Wenngleich der Frage, ob eine einvernehmliche Vertragsauflösung zustande gekommen ist, in der Regel keine über den Einzelfall hinausgehende Bedeutung zukommt (6 Ob 25/00w), ist im vorliegenden Fall die Bejahung der einvernehmlichen Auflösung des Bestandvertrags durch die Vorinstanzen im Interesse der Rechtssicherheit als erhebliche Fehlbeurteilung im Einzelfall aufzugreifen.

Das Anbot zu einvernehmlicher Vertragsauflösung ist eine Willenserklärung. Für die Bedeutung einer Erklärung kommt es nicht primär auf den Willen des Erklärenden, sondern auf das Verständnis an, das ein redlicher Erklärungsempfänger von dieser gewinnen durfte und gewonnen hat (Rummel in Rummel3, ABGB § 863 Rz 8 mwN). Der Beklagte teilte der Vertreterin des Klägers seine Beendigungspläne zum 31. März 2002 mit und schlug einen Nachpächter vor, der das Inventar ablösen sollte. Unter diesen Umständen musste der Vertreterin des Klägers klar sein, dass der Beendigungswille des Beklagten von seiner Einigung mit dem Nachpächter über die Ablöse abhängt.

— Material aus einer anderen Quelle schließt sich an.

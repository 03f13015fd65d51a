-- ===== src/Auth/Tests.antt =====
-- The theorems about the login, at concrete sessions.
use kafka_ui.Base.{◌≡◌, ◌↔◌, ◌⊎◌, refl, true, false, none, some, List, [], ◌∷◌, codes, text_eq}
use kafka_ui.Api.Errors.{Thrown, error_object, resolved, rejected}
use kafka_ui.Api.Auth.{AuthStatus, AuthUser, PermissionsResponse}
use kafka_ui.Auth.{
  Session, initial_session, Event, loaded, submitted, username_typed, password_typed, login_settled,
  logout_settled, act, run, require_auth, login_screen, pages, has_text, has_action, signed_out,
  login_settles, load_settles, handle_submit, has_username_password,
}
use kafka_ui.Auth.History.{user_after, run-pages_iff}
use kafka_ui.Auth.Laws.{has_action_iff, IsConsistent, failed_load_opens}

abbrev with_basic : AuthStatus
with_basic = record { enabled = true; types = codes "basic" ∷ []; providers = none }

abbrev ann : AuthUser
ann = record { authenticated = true; email = none; name = some (codes "ann"); roles = none }

abbrev refused : Thrown
refused = error_object (codes "Error") (codes "Unauthorized")

abbrev may_view : PermissionsResponse
may_view = record { actions = codes "view_topics" ∷ []; clusters = codes "*" ∷ [] }

abbrev at_login : Session
at_login = record initial_session {
  provider = record { user = some signed_out; status = some with_basic; loading = false };
}

abbrev visit : List Event
visit =
    loaded (resolved (with_basic, signed_out))
    ∷ username_typed (codes "ann")
    ∷ password_typed (codes "pw")
    ∷ submitted
    ∷ login_settled (resolved ann)
    ∷ []

visit_opens : require_auth (run initial_session visit).provider ≡ pages
unfolding run act load_settles handle_submit login_settles require_auth has_username_password
    text_eq
visit_opens = refl

view_only :
    (has_action (some with_basic) false (some may_view) (codes "view_topics") ≡ true)
    × (has_action (some with_basic) false (some may_view) (codes "create_topics") ≡ false)
unfolding has_action text_eq
view_only = (refl, refl)

has_action_iff_example :
    (has_action (some with_basic) false (some may_view) (codes "view_topics") ≡ true) ↔ (
      (true ≡ false)
      ⊎ ((false ≡ false)
          × ((p : PermissionsResponse) × (some may_view ≡ some p)
              × ((has_text p.actions (codes "view_topics") ≡ true)
                  ⊎ (has_text p.actions (codes "*") ≡ true)))))
has_action_iff_example =
    has_action_iff (some with_basic) false (some may_view) (codes "view_topics")

abbrev later : List Event
later =
    username_typed (codes "ann")
    ∷ password_typed (codes "pw")
    ∷ submitted
    ∷ login_settled (resolved ann)
    ∷ logout_settled (resolved tt)
    ∷ []

run-pages_iff_example :
    let first = loaded (resolved (with_basic, signed_out)) in
    let p = (run initial_session (first ∷ later)).provider in
    (p.loading ≡ false)
    × (p.status ≡ some with_basic)
    × ((require_auth p ≡ pages)
        ↔ ((user_after (act initial_session first) later signed_out).authenticated ≡ true))
run-pages_iff_example = run-pages_iff initial_session with_basic signed_out later refl refl

at_login-IsConsistent : IsConsistent at_login
at_login-IsConsistent = record { one_login = refl; answered = λ h. ((λ e. cc), (λ e. cc)) }

failed_load_opens_example :
    let p = (act initial_session (loaded (rejected refused))).provider in
    (require_auth p ≡ pages) × (has_action p.status false none (codes "delete_topics") ≡ true)
failed_load_opens_example =
    failed_load_opens initial_session refused false none (codes "delete_topics") refl

at_login_screen : require_auth at_login.provider ≡ login_screen
unfolding require_auth
at_login_screen = refl
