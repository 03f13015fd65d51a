-- ===== src/Browser.antt =====
-- The message browser, frontend/src/pages/TopicMessagesPage.tsx.
pub mod Filter
pub mod Browse
pub mod Produce
pub mod Page
pub mod Tests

Dass sie dies überdies auch so verstanden hat, folgt daraus, dass sie, nachdem sie schließlich mit den vom Beklagten vorgeschlagenen Nachpächter einverstanden war, beiden mitteilte, der Beklagte solle alles Weitere mit dem Nachpächter regeln. Da sich der Beklagte mit dem an einer Pacht Interessierten über die Ablöse nicht einigte, ist eine einvernehmliche Auflösung des Bestandvertrags nicht zustande gekommen.

In Stattgebung der Revision war daher in Abänderung der Entscheidungen der Vorinstanzen gemäß § 572 ZPO der Übergabeauftrag (§ 567 ZPO) aufzuheben und das Übergabebegehren abzuweisen.

Die Kostenentscheidung beruht auf den §§ 41 und 50 ZPO. Für die Vollmachtsanzeige waren Kosten lediglich nach TP 1 I. lit a RATG zuzuerkennen. Für die Berufung steht nur der dreifache Einheitssatz zu, weil eine Berufungsverhandlung nicht stattfand (§ 23 Abs 9 RATG). Die Bemessungsgrundlage für die Pauschalgebühren beträgt 630 EUR (§ 16 Abs 1 lit b GGG).